Un homme de tous les temps

Les pièces de Shakespeare ne s’adressent pas seulement à son époque et à la nôtre, à son pays ou aux peuples de langue anglaise, mais à tous les siècles et à toute l’humanité. Même s’ils appartiennent historiquement à la période élisabéthaine, ses personnages débordent largement les limites de l’histoire et du temps.

Le théâtre shakespearien perdurera parce qu’il exprime des états d’âme éternels. Il présente à nos yeux, aujourd’hui comme toujours, une certaine conception de la dignité humaine, de l’importance des passions humaines et du mystère de la vie humaine.

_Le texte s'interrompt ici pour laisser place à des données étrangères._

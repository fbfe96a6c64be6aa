-- ===== src/Server/Clients.antt =====
-- sse.go: a client of the registry with its channel, and the operations on it.
use star_car.Prelude.{
  Bool, true, false, String, Option, none, some, List, option_list, if◌then◌else◌,
}

-- A client's channel, of one place. It is `listed` while it is in the registry's map.
pub record Client : Type 0 where
  pub listed : Bool
  pub closed : Bool
  pub buffer : Option String

-- `register`
abbrev pub new_client : Client
new_client = record { listed = true; closed = false; buffer = none }

-- What a send that does not block comes to.
pub data Sent : Type 0 where
  sent : Client → Sent
  full : Sent
  panicked : Sent

unfoldable pub send_into : String → Option String → Client → Sent
send_into frame none c = sent (record c { buffer = some frame })
send_into frame (some old) c = full

-- `case ch <- data`; a send on a closed channel panics.
unfoldable pub try_send : String → Client → Sent
unfolding send_into
try_send frame c = if c.closed then panicked else send_into frame c.buffer c

-- A receive that does not block: what it takes, and the channel after it.
unfoldable pub try_receive : Client → List String × Client
try_receive c = (option_list c.buffer, record c { buffer = none })
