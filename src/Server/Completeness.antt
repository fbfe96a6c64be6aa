-- ===== src/Server/Completeness.antt =====
-- About `buildSnapshot` (poll.go): that it returns, and the lanes of a snapshot.
use mathlib.Core.Option.{some-injective}
use star_car.Prelude.{◌≡◌, refl, sym, ◌∙◌, subst, String, some, List, map, ◌==◌, if◌then◌else◌}
use star_car.Platform.{Platform}
use star_car.Time.Parse.{Time}
use star_car.Fold.Contract.{fold-total}
use star_car.Store.Types.{StoreRecord}
use star_car.Server.Snapshot.{Freshness, LaneData, Lane, LaneSpec, Snapshot, lane_registry}
use star_car.Server.Freshness.{not_applicable}
use star_car.Server.Lanes.{
  Server, PollInput, not_polled, scan_failed, scan_done, LaneSource, build_lane, add_lane,
  build_lanes,
}
use star_car.Server.Build.{
  Host, LivePart, budget_options, live_part, live_of_output, finish_snapshot, build_snapshot,
}

module _ ⦃p : Platform⦄ where
  -- The build returns: there is a live part whatever the scan has found.
  pub live_part-total :
      (s : Server) (input : PollInput) (now : Time)
      → (live : LivePart) × (live_part s input now ≡ some live)
  unfolding live_part
  live_part-total s not_polled now = (_, refl)
  live_part-total s (scan_failed e) now = (_, refl)
  live_part-total s (scan_done result) now =
      let (out, ran) =
        fold-total (map (λ (r : StoreRecord). r.fields) result.records) s.vocab now
          (budget_options s.default_budget) in
      (live_of_output s result now out, rw ran refl)

  pub build_snapshot-total :
      (host : Host) (s : Server) (input : PollInput) (now : Time)
      → (live : LivePart) × (live_part s input now ≡ some live)
        × (build_snapshot host s input now ≡ some (finish_snapshot host s live))
  unfolding build_snapshot
  build_snapshot-total host s input now =
      let (live, ran) = live_part-total s input now in (live, ran, rw ran refl)

  -- A lane without its payload, and the registry's lane with its freshness.
  pub record Frame : Type 0 where
    pub id : String
    pub title : String
    pub position : String
    pub freshness : Freshness

  abbrev pub frame_of : Lane → Frame
  frame_of l = record { id = l.id; title = l.title; position = l.position; freshness = l.freshness }

  abbrev pub expected_frame : Freshness → LaneSpec → Frame
  expected_frame live spec = record {
    id = spec.id;
    title = spec.title;
    position = spec.position;
    freshness = if spec.position == "live" then live else not_applicable;
  }

  pub build_lanes-frames :
      (live : Freshness) (source : LaneSource) (store : List (String × LaneData))
      → map frame_of (build_lanes live source store).0 ≡ map (expected_frame live) lane_registry
  unfolding build_lanes add_lane build_lane
  build_lanes-frames live source store = refl

  -- Every snapshot that is built, before the first poll, after a failed scan and after a good one,
  -- has exactly the registry's lanes, in order and with their titles and positions. All live lanes
  -- share one freshness, and the others are "not-applicable".
  pub build_snapshot-frames :
      (host : Host) (s : Server) (input : PollInput) (now : Time) (snap : Snapshot) (after : Server)
      → build_snapshot host s input now ≡ some (snap, after)
      → (live : Freshness) × (map frame_of snap.lanes ≡ map (expected_frame live) lane_registry)
  unfolding finish_snapshot
  build_snapshot-frames host s input now snap after h =
      let (live, found, ran) = build_snapshot-total host s input now in
      let e : finish_snapshot host s live ≡ (snap, after) = some-injective _ _ (sym ran ∙ h) in
      (
        live.freshness,
        subst
            (λ (x : Snapshot × Server).
              map frame_of (x.0).lanes ≡ map (expected_frame live.freshness) lane_registry)
            e (build_lanes-frames live.freshness live.source s.last_good_lane_data),
      )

Dans son immortelle galerie de portraits, Shakespeare nous donne des enseignements, dont nous pouvons faire notre profit même au vingtième siècle. Le Roi Lear est certes la tragédie de l’ingratitude filiale, mais il montre aussi que si l’on se dépouille de ses armes, des personnes peu scrupuleuses auront tôt fait de s’en saisir. Dans Hamlet, trois hommes de tempéraments différents se voient chargés de venger la mort d’un père. Hamlet, celui qui pense, mais n’agit pas, tergiverse ; Laertes, celui qui agit sans réfléchir, va trop vite ; tous deux périssent par la même épée empoisonnée ; et le royaume reste à Fortinbras, l’homme calme et équilibré, qui sait à la fois penser et agir, et le faire en temps voulu.

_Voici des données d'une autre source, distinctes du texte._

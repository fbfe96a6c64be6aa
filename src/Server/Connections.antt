-- ===== src/Server/Connections.antt =====
-- handlers.go: `handleStream` for one client, as moves between its stages. What the client's
-- channel receives comes from `broadcast`, whose turn at the client is a field of the connection.
use star_car.Prelude.{
  ◌≡◌, Bool, true, false, String, Option, none, some, List, [], ◌∷◌, Result, ok, err, if◌then◌else◌,
}
use star_car.Server.Clients.{Client, new_client, Sent, sent, full, panicked, try_send, try_receive}

-- What has been written to the response, headers aside.
pub data StreamEvent : Type 0 where
  frame : String → StreamEvent
  heartbeat : StreamEvent

-- How far the handler has come. `greeting` holds the first frame's payload, until it is written;
-- `delivering` one that was taken from the channel.
pub data Stage : Type 0 where
  connecting registered waiting leaving unlisted gone : Stage
  greeting delivering : String → Stage

-- Where `broadcast` stands with a client: it has no turn, or its first send, the drain of the stale
-- frame, or its last send comes next.
pub data Turn : Type 0 where
  idle sending draining replacing : Turn

pub record Connection : Type 0 where
  pub stage : Stage
  pub channel : Client
  pub turn : Turn
  -- what was written, the newest first
  pub written : List StreamEvent
  -- whether a write has failed
  pub failed : Bool

-- A request that has arrived; the channel does not exist yet.
abbrev pub new_connection : Connection
new_connection = record {
  stage = connecting;
  channel = record { listed = false; closed = false; buffer = none };
  turn = idle;
  written = [];
  failed = false;
}

abbrev pub is_idle : Turn → Bool
is_idle idle = true
is_idle _ = false

-- The stages between `register` and `unregister`, in which the handler serves the client.
abbrev pub is_active : Stage → Bool
is_active registered = true
is_active waiting = true
is_active (greeting text) = true
is_active (delivering text) = true
is_active _ = false

abbrev pub is_unlisted : Stage → Bool
is_unlisted unlisted = true
is_unlisted _ = false

-- The stage after the marshalling of the first snapshot; an error skips the first frame.
unfoldable pub stage_of_initial : Result String → Stage
stage_of_initial (ok text) = greeting text
stage_of_initial (err e) = waiting

-- One operation of `handleStream`. `current` is the snapshot as `marshalSnapshot` gives it at that
-- moment, and `free` says whether the registry's mutex is free.
pub data StreamMove (current : Result String) (free : Bool) : Connection → Connection → Type 0 where
  -- The response is no `http.Flusher`.
  refused :
      (c : Connection)
      → c.stage ≡ connecting
      → StreamMove current free c (record c { stage = gone })
  registers :
      (c : Connection)
      → c.stage ≡ connecting
      → free ≡ true
      → StreamMove current free c (record c { stage = registered; channel = new_client })
  marshals :
      (c : Connection)
      → c.stage ≡ registered
      → StreamMove current free c (record c { stage = stage_of_initial current })
  greets :
      (c : Connection) (text : String)
      → c.stage ≡ greeting text
      → StreamMove current free c (record c { stage = waiting; written = frame text ∷ c.written })
  -- The error of the first write is not looked at.
  greets_in_vain :
      (c : Connection) (text : String)
      → c.stage ≡ greeting text
      → StreamMove current free c (record c { stage = waiting; failed = true })
  takes :
      (c : Connection) (text : String)
      → c.stage ≡ waiting
      → c.channel.buffer ≡ some text
      → StreamMove current free c
          (record c { stage = delivering text; channel = (try_receive c.channel).1 })
  finds_closed :
      (c : Connection)
      → c.stage ≡ waiting
      → c.channel.closed ≡ true
      → c.channel.buffer ≡ none
      → StreamMove current free c (record c { stage = leaving })
  delivers :
      (c : Connection) (text : String)
      → c.stage ≡ delivering text
      → StreamMove current free c (record c { stage = waiting; written = frame text ∷ c.written })
  delivers_in_vain :
      (c : Connection) (text : String)
      → c.stage ≡ delivering text
      → StreamMove current free c (record c { stage = leaving; failed = true })
  beats :
      (c : Connection)
      → c.stage ≡ waiting
      → StreamMove current free c (record c { written = heartbeat ∷ c.written })
  beats_in_vain :
      (c : Connection)
      → c.stage ≡ waiting
      → StreamMove current free c (record c { stage = leaving; failed = true })
  -- The request's context is done.
  disconnects :
      (c : Connection)
      → c.stage ≡ waiting
      → StreamMove current free c (record c { stage = leaving })
  -- The deferred `unregister`: out of the map under the mutex, then the channel is closed.
  unlists :
      (c : Connection)
      → c.stage ≡ leaving
      → free ≡ true
      → StreamMove current free c
          (record c { stage = unlisted; channel = record (c.channel) { listed = false } })
  closes :
      (c : Connection)
      → c.stage ≡ unlisted
      → StreamMove current free c
          (record c { stage = gone; channel = record (c.channel) { closed = true } })

-- `broadcast` begins: every client that is listed has its turn, in any order.
unfoldable pub give_turn : Connection → Connection
give_turn c = record c { turn = if c.channel.listed then sending else c.turn }

unfoldable pub after_send : Turn → Connection → Sent → Option Connection
after_send next c (sent d) = some (record c { channel = d; turn = idle })
after_send next c full = some (record c { turn = next })
after_send next c panicked = none

-- One operation of `broadcast` on a client's channel; `none` is a panic. A place that is still
-- taken at the last send leaves the frame unsent.
unfoldable pub broadcast_at : String → Turn → Connection → Option Connection
unfolding after_send try_send try_receive
broadcast_at text idle c = some c
broadcast_at text sending c = after_send draining c (try_send text c.channel)
broadcast_at text draining c =
    some (record c { channel = (try_receive c.channel).1; turn = replacing })
broadcast_at text replacing c = after_send idle c (try_send text c.channel)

Mais il y a aussi des leçons de tolérance. Cymbeline, Le Conte d’hiver et La Tempête sont des comédies de réconciliation, de pardon et de bonheur retrouvé.

Le 400e anniversaire

Cette année, toute l’Angleterre se fera élisabéthaine pour célébrer le 400e anniversaire de la naissance de Shakespeare.

Une centaine d’ambassadeurs étrangers hisseront leurs pavillons nationaux à Stratford-sur-Avon, le 23 avril, en l’honneur d’un poète et dramaturge dont les pièces se jouent dans presque toutes les langues. Le Canada déléguera sa Compagnie, de réputation internationale, du Festival de Stratford, qui présentera trois pièces au Chichester Festival Theatre.

Tout cela pour honorer un homme qui a trouvé la réponse à des questions dont les autres hommes ne connaissaient même pas encore l’existence, et aussi à des problèmes qui se posent encore quatre siècles après lui. Ce sont les grandes questions de la nature et des fins de l’homme, auxquelles il a donné des réponses qu’il est impérieux de connaître à l’une des heures les plus décisives de l’histoire du monde.